Genji: A framework for building resilient near-real-time data pipelines
Pinterest has to support real-time decision making while operating on petabyte-scale data. Swaminathan Sundaramurthy and Mark Cho offer an overview of Pinterest's real-time data pipeline (modeled on quasi-Kappa architecture), its impact on the company's systems, and tools and processes used and demonstrate how Pinterest models real-time ads analytics on the platform.
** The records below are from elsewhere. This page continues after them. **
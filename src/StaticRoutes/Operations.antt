-- ===== src/StaticRoutes/Operations.antt =====
-- The operations on static routes of app/dal/db/store.py, with and without an audit record. The
-- stored profile of a connection, UUID parsing and the `ipaddress` functions are parameters; the
-- keys and the time that the code draws are arguments.
use network_gateway_api.Prelude.{
  ℕ, Bool, true, false, not, ◌&&◌, ◌||◌, Option, none, some, List, [], ◌∷◌, ◌++◌, String, str_eq,
  if◌then◌else◌, any, is_some, Outcome, ok, err,
}
use network_gateway_api.Prelude.Int.{pos}
use network_gateway_api.Value.{
  Value, Fields, null, bool, int, str, dict, field, end, get_or, get, merge,
}
use network_gateway_api.Storage.Errors.{StoreError, store_error_code, not_found, conflict}
use network_gateway_api.Storage.Tables.{find, update, remove}
use network_gateway_api.Storage.Transaction.{
  Tx, pure, lift, gets, puts, or_raise, require, transaction, ◌>>=◌, ◌>>◌,
}
use network_gateway_api.Audit.Fields.{Transaction, validate_transaction}
use network_gateway_api.StaticRoutes.Check.{RouteValues, validate_static_route}

pub record Route : Type 0 where
  pub id : String
  pub connection_id : String
  pub values : RouteValues

-- The three tables that the operations touch
pub record RouteDb : Type 0 where
  pub initialized : List String
  pub routes : List Route
  pub transactions : List Transaction

-- What `uuid.uuid4` and the clock give in one operation
pub record Drawn : Type 0 where
  pub first : String
  pub second : String
  pub route : String
  pub transaction : String
  pub correlation : String
  pub now : String

abbrev pub route_id : Route → String
route_id route = route.id

abbrev pub transaction_id : Transaction → String
transaction_id t = t.id

abbrev or_null : Option String → Value
or_null none = null
or_null (some s) = str s

-- `dict(row)`
unfoldable pub row_fields : Route → Fields
row_fields route = field "id" (str route.id) (
    field "connection_id" (str route.connection_id) (
      field "destination" (str route.values.destination) (
        field "next_hop" (str route.values.next_hop) (
          field "interface" (or_null route.values.interface) (
            field "metric" (int (pos route.values.metric)) (
              field "description" (str route.values.description)
                (field "enabled" (bool route.values.enabled) end)))))))

-- UNIQUE static_route_destination
abbrev pub has_destination : String → String → Route → Bool
has_destination connection destination route =
    str_eq route.connection_id connection && str_eq route.values.destination destination

abbrev pub with_routes : List Route → RouteDb → RouteDb
with_routes routes db = record db { routes = routes }

-- `insert(static_routes).values(...)`
unfoldable pub insert_route : Route → Tx RouteDb (Unit {0})
unfolding find
insert_route route db =
    if is_some (find route_id route.id db.routes)
      || any (has_destination route.connection_id route.values.destination) db.routes
    then err conflict
    else ok (tt, with_routes (db.routes ++ route ∷ []) db)

-- `update(static_routes).where(static_routes.c.id == route_id).values(...)`
unfoldable pub update_route : Route → RouteValues → Tx RouteDb (Unit {0})
unfolding update
update_route route values db =
    if any
      (λ other.
        not (str_eq other.id route.id)
        && has_destination route.connection_id values.destination other)
      db.routes
    then err conflict
    else ok (
      tt,
      with_routes (update route_id route.id (λ r. record r { values = values }) db.routes) db,
    )

abbrev pub route_of : String → Tx RouteDb Route
route_of id db = or_raise not_found (find route_id id db.routes) db

-- `_owned_static_route`
abbrev pub owned_route : String → String → Tx RouteDb Route
owned_route connection id db = elim (find route_id id db.routes) [
  | none ↦ err not_found
  | some route ↦ if str_eq route.connection_id connection then ok (route, db) else err not_found
]

-- The two routes that a simulated device starts with
abbrev default_route : (destination next_hop interface description : String) → ℕ → Fields
default_route destination next_hop interface description metric =
    field "destination" (str destination) (
      field "next_hop" (str next_hop) (
        field "interface" (str interface) (
          field "metric" (int (pos metric))
            (field "description" (str description) (field "enabled" (bool true) end)))))

abbrev pub first_default : Fields
first_default =
    default_route "198.51.100.0/24" "192.0.2.1" "eth0" "Simulated documentation route" 10

abbrev pub second_default : Fields
second_default =
    default_route "2001:db8:2::/64" "2001:db8:1::1" "eth1" "Simulated IPv6 documentation route" 20

abbrev pub is_fake_profile : Fields → Bool
is_fake_profile profile = elim (get_or "client_type" (str "network") profile) [
  | str kind ↦ str_eq kind "fake"
  | _ ↦ false
]

abbrev pub not_fake : StoreError
not_fake = store_error_code "Static-route simulation requires a fake connection." 501

module _ (stored_profile : String → Outcome StoreError Fields) (uuid : String → Option String)
    (ip_network ip_address : String → Option (ℕ × String)) where
  abbrev pub insert_default : String → String → Fields → Tx RouteDb (Unit {0})
  insert_default connection id payload =
      lift (validate_static_route ip_network ip_address payload) >>= λ values.
      insert_route (record { id = id; connection_id = connection; values = values })

  -- The rest of `_initialize_static_routes`, where it is known whether the routes are there
  unfoldable pub seed : Drawn → String → Bool → Tx RouteDb (Unit {0})
  unfolding validate_static_route insert_route
  seed drawn connection true = pure tt
  seed drawn connection false = do
    puts (λ db. record db { initialized = db.initialized ++ connection ∷ [] })
    insert_default connection drawn.first first_default
    insert_default connection drawn.second second_default

  -- `_initialize_static_routes`
  unfoldable pub initialize : Drawn → String → Tx RouteDb (Unit {0})
  unfolding get seed
  initialize drawn connection = do
    profile ← lift (stored_profile connection)
    require (is_fake_profile profile) not_fake
    known ← gets (λ db. any (λ id. str_eq id connection) db.initialized)
    seed drawn connection known

  -- `_create_static_route_row`
  unfoldable pub create_row : Drawn → String → Fields → Tx RouteDb Route
  unfolding initialize validate_static_route insert_route find
  create_row drawn connection payload = do
    initialize drawn connection
    values ← lift (validate_static_route ip_network ip_address payload)
    insert_route (record { id = drawn.route; connection_id = connection; values = values })
    route_of drawn.route

  -- `_update_static_route_row`
  unfoldable pub update_row : Drawn → String → String → Fields → Tx RouteDb (Route × Route)
  unfolding initialize validate_static_route update_route find
  update_row drawn connection id payload = do
    initialize drawn connection
    before ← owned_route connection id
    values ← lift (validate_static_route ip_network ip_address payload)
    update_route before values
    after ← route_of id
    pure (before, after)

  -- `_delete_static_route_row`
  unfoldable pub delete_row : Drawn → String → String → Tx RouteDb Route
  unfolding initialize find remove
  delete_row drawn connection id = do
    initialize drawn connection
    before ← owned_route connection id
    puts (λ db. with_routes (remove route_id id db.routes) db)
    pure before

  abbrev of_connection : String → List Route → List Route
  of_connection connection [] = []
  of_connection connection (route ∷ routes) =
      let rest = of_connection connection routes in
      if str_eq route.connection_id connection then route ∷ rest else rest

  -- `list_static_routes`, up to the order by destination and key
  unfoldable pub list_static_routes :
      Drawn → String → RouteDb → Outcome StoreError (List Route) × RouteDb
  unfolding initialize transaction
  list_static_routes drawn connection =
      transaction do initialize drawn connection; gets (λ db. of_connection connection db.routes)

  unfoldable pub create_static_route :
      Drawn → String → Fields → RouteDb → Outcome StoreError Route × RouteDb
  unfolding create_row transaction
  create_static_route drawn connection payload = transaction (create_row drawn connection payload)

  unfoldable pub update_static_route :
      Drawn → String → String → Fields → RouteDb → Outcome StoreError Route × RouteDb
  unfolding update_row transaction
  update_static_route drawn connection id payload =
      transaction (update_row drawn connection id payload >>= λ rows. pure rows.1)

  unfoldable pub delete_static_route :
      Drawn → String → String → RouteDb → Outcome StoreError (Unit {0}) × RouteDb
  unfolding delete_row transaction
  delete_static_route drawn connection id =
      transaction (delete_row drawn connection id >>= λ before. pure tt)

  -- `_insert_transaction`
  unfoldable pub insert_transaction : Drawn → Fields → Tx RouteDb Transaction
  unfolding validate_transaction find
  insert_transaction drawn payload db =
      elim (validate_transaction uuid drawn.transaction drawn.correlation drawn.now payload) [
        | err e ↦ err e
        | ok row ↦
            if is_some (find transaction_id row.id db.transactions)
            then err conflict
            else ok (row, record db { transactions = db.transactions ++ row ∷ [] })
      ]

  -- `append_transaction`
  unfoldable pub append_transaction :
      Drawn → Fields → RouteDb → Outcome StoreError Transaction × RouteDb
  unfolding insert_transaction transaction
  append_transaction drawn payload = transaction (insert_transaction drawn payload)

  -- The fields that the audited operations add to the caller's
  abbrev pub succeeded : String → String → (before after : Value) → Fields
  succeeded connection id before after = field "resource_type" (str "static_route") (
      field "resource_id" (str id) (
        field "connection_id" (str connection) (
          field "outcome" (str "succeeded")
            (field "before_state" before (field "after_state" after end)))))

  unfoldable pub create_static_route_audited :
      Drawn → String → Fields → Fields → RouteDb → Outcome StoreError Route × RouteDb
  unfolding create_row insert_transaction transaction merge row_fields
  create_static_route_audited drawn connection payload audit = transaction do
    route ← create_row drawn connection payload
    row ←
        insert_transaction drawn
          (merge audit (succeeded connection route.id null (dict (row_fields route))))
    pure route

  unfoldable pub update_static_route_audited :
      Drawn → String → String → Fields → Fields → RouteDb → Outcome StoreError Route × RouteDb
  unfolding update_row insert_transaction transaction merge row_fields
  update_static_route_audited drawn connection id payload audit = transaction do
    rows ← update_row drawn connection id payload
    row ← insert_transaction drawn (
        merge audit (succeeded connection id (dict (row_fields rows.0)) (dict (row_fields rows.1))))
    pure rows.1

  unfoldable pub delete_static_route_audited :
      Drawn → String → String → Fields → RouteDb → Outcome StoreError (Unit {0}) × RouteDb
  unfolding delete_row insert_transaction transaction merge row_fields
  delete_static_route_audited drawn connection id audit = transaction do
    before ← delete_row drawn connection id
    row ←
        insert_transaction drawn
          (merge audit (succeeded connection id (dict (row_fields before)) null))
    pure tt
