-- ===== src/DeviceData/Simulation.antt =====
-- The access path of the simulated device: `_validate_fake_path` and `test_fake_connection` of
-- app/dal/device/fake_client.py.
use network_gateway_api.Prelude.{
  ℕ, Bool, true, false, not, ◌&&◌, String, str_eq, ◌==◌, if◌then◌else◌, Outcome, ok, err,
}
use network_gateway_api.Prelude.Int.{pos, dyadic}
use network_gateway_api.Value.{
  Value, Fields, bool, int, str, float, dict, field, end, get, get_value, truthy, truthy_at,
}
use network_gateway_api.Storage.Errors.{StoreError, store_error_code}
use network_gateway_api.StaticRoutes.Operations.{is_fake_profile}

-- `profile.get(key) == text`
abbrev pub reads : String → String → Fields → Bool
reads key text profile = elim (get_value key profile) [ str s ↦ str_eq s text | _ ↦ false ]

-- `type(profile.get(key)) is int and profile[key] == number`
abbrev pub reads_number : String → ℕ → Fields → Bool
reads_number key number profile = elim (get_value key profile) [
  | int (pos n) ↦ n == number
  | _ ↦ false
]

-- `connector.get("id") == profile["proxy_id"]`: keys are texts.
abbrev pub same_text : Value → Value → Bool
same_text (str a) (str b) = str_eq a b
same_text _ _ = false

abbrev pub not_simulated : StoreError
not_simulated = store_error_code "Device-data simulation requires a fake connection." 501

abbrev pub device_refused : StoreError
device_refused = store_error_code "Simulated device access validation failed." 403

abbrev pub proxy_refused : StoreError
proxy_refused = store_error_code "Simulated proxy access validation failed." 403

-- The login, host and protocol of the simulated device
unfoldable pub is_fake_device : Fields → Bool
unfolding get truthy
is_fake_device profile =
    truthy_at "id" profile
    && truthy_at "role_account_id" profile
    && reads "protocol" "ssh" profile
    && reads "host" "fake-device.invalid" profile
    && reads_number "port" 22 profile
    && reads "authentication_type" "password" profile
    && reads "username" "fake-device-user" profile
    && reads "password" "fake-device-password" profile

-- The login, host and type of the simulated proxy, which is the one that the connection names
unfoldable pub is_fake_proxy : Fields → Fields → Bool
unfolding get truthy
is_fake_proxy profile connector =
    truthy_at "proxy_id" profile
    && same_text (get_value "id" connector) (get_value "proxy_id" profile)
    && truthy_at "role_account_id" connector
    && reads "type" "ssh_tunnel" connector
    && reads "host" "fake-bastion.invalid" connector
    && reads_number "port" 22 connector
    && reads "authentication_type" "password" connector
    && reads "username" "fake-proxy-user" connector
    && reads "password" "fake-proxy-password" connector

-- The two tests after the one of the client type, with `profile.get("connector")`
unfoldable pub check_path : Fields → Value → Outcome StoreError (Unit {0})
unfolding is_fake_device is_fake_proxy
check_path profile (dict connector) =
    if not (is_fake_device profile)
    then err device_refused
    else if not (is_fake_proxy profile connector)
    then err proxy_refused
    else ok tt
check_path profile _ = err proxy_refused

-- `_validate_fake_path`
unfoldable pub validate_fake_path : Fields → Outcome StoreError (Unit {0})
unfolding get check_path
validate_fake_path profile =
    if not (is_fake_profile profile)
    then err not_simulated
    else check_path profile (get_value "connector" profile)

abbrev simulation_result : Bool → String → Fields
simulation_result success detail = field "success" (bool success) (
    field "stage" (str "simulation") (
      field "detail" (str detail)
        (field "duration_ms" (float (dyadic (pos 0) 0)) (field "simulated" (bool true) end))))

-- `test_fake_connection`
unfoldable pub test_fake_connection : Fields → Fields
unfolding validate_fake_path
test_fake_connection profile = elim (validate_fake_path profile) [
  | err e ↦ simulation_result false e.message
  | ok _ ↦
      simulation_result true
        "Simulated device and proxy authentication passed; no network connection was made."
]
Talk Title | Genji: A framework for building resilient near-real-time data pipelines |
Speakers | Swaminathan Sundaramurthy (Salesforce Inc), Mark Cho (Pinterest) |
Conference | O’Reilly Velocity Conference |
Conf Tag | Build resilient systems at scale |
Location | New York, New York |
Date | October 2-4, 2017 |
URL | Talk Page |
Slides | Talk Slides |
Video | |
Pinterest operates on data at petabyte scale. Previously, the company’s fact tables were generated daily using Hadoop, resulting in data that was frequently 24–48 hours old. In order to support real-time decision making, stats, and analytics, Pinterest modeled its warehouse on quasi-Kappa architecture, treating batch processing as a special case of stream processing and warehousing data with sub-15-minute lag. Swaminathan Sundaramurthy and Mark Cho offer an overview of Pinterest’s real-time data pipeline, discussing the company’s decision to warehouse data at near-real-time to enable downstream systems to operate on much fresher data, the platform’s architecture, and its impact on Pinterest’s systems, tools, and processes. They conclude by demonstrating how Pinterest models real-time ads analytics use cases on the platform and sharing lessons learned along the way.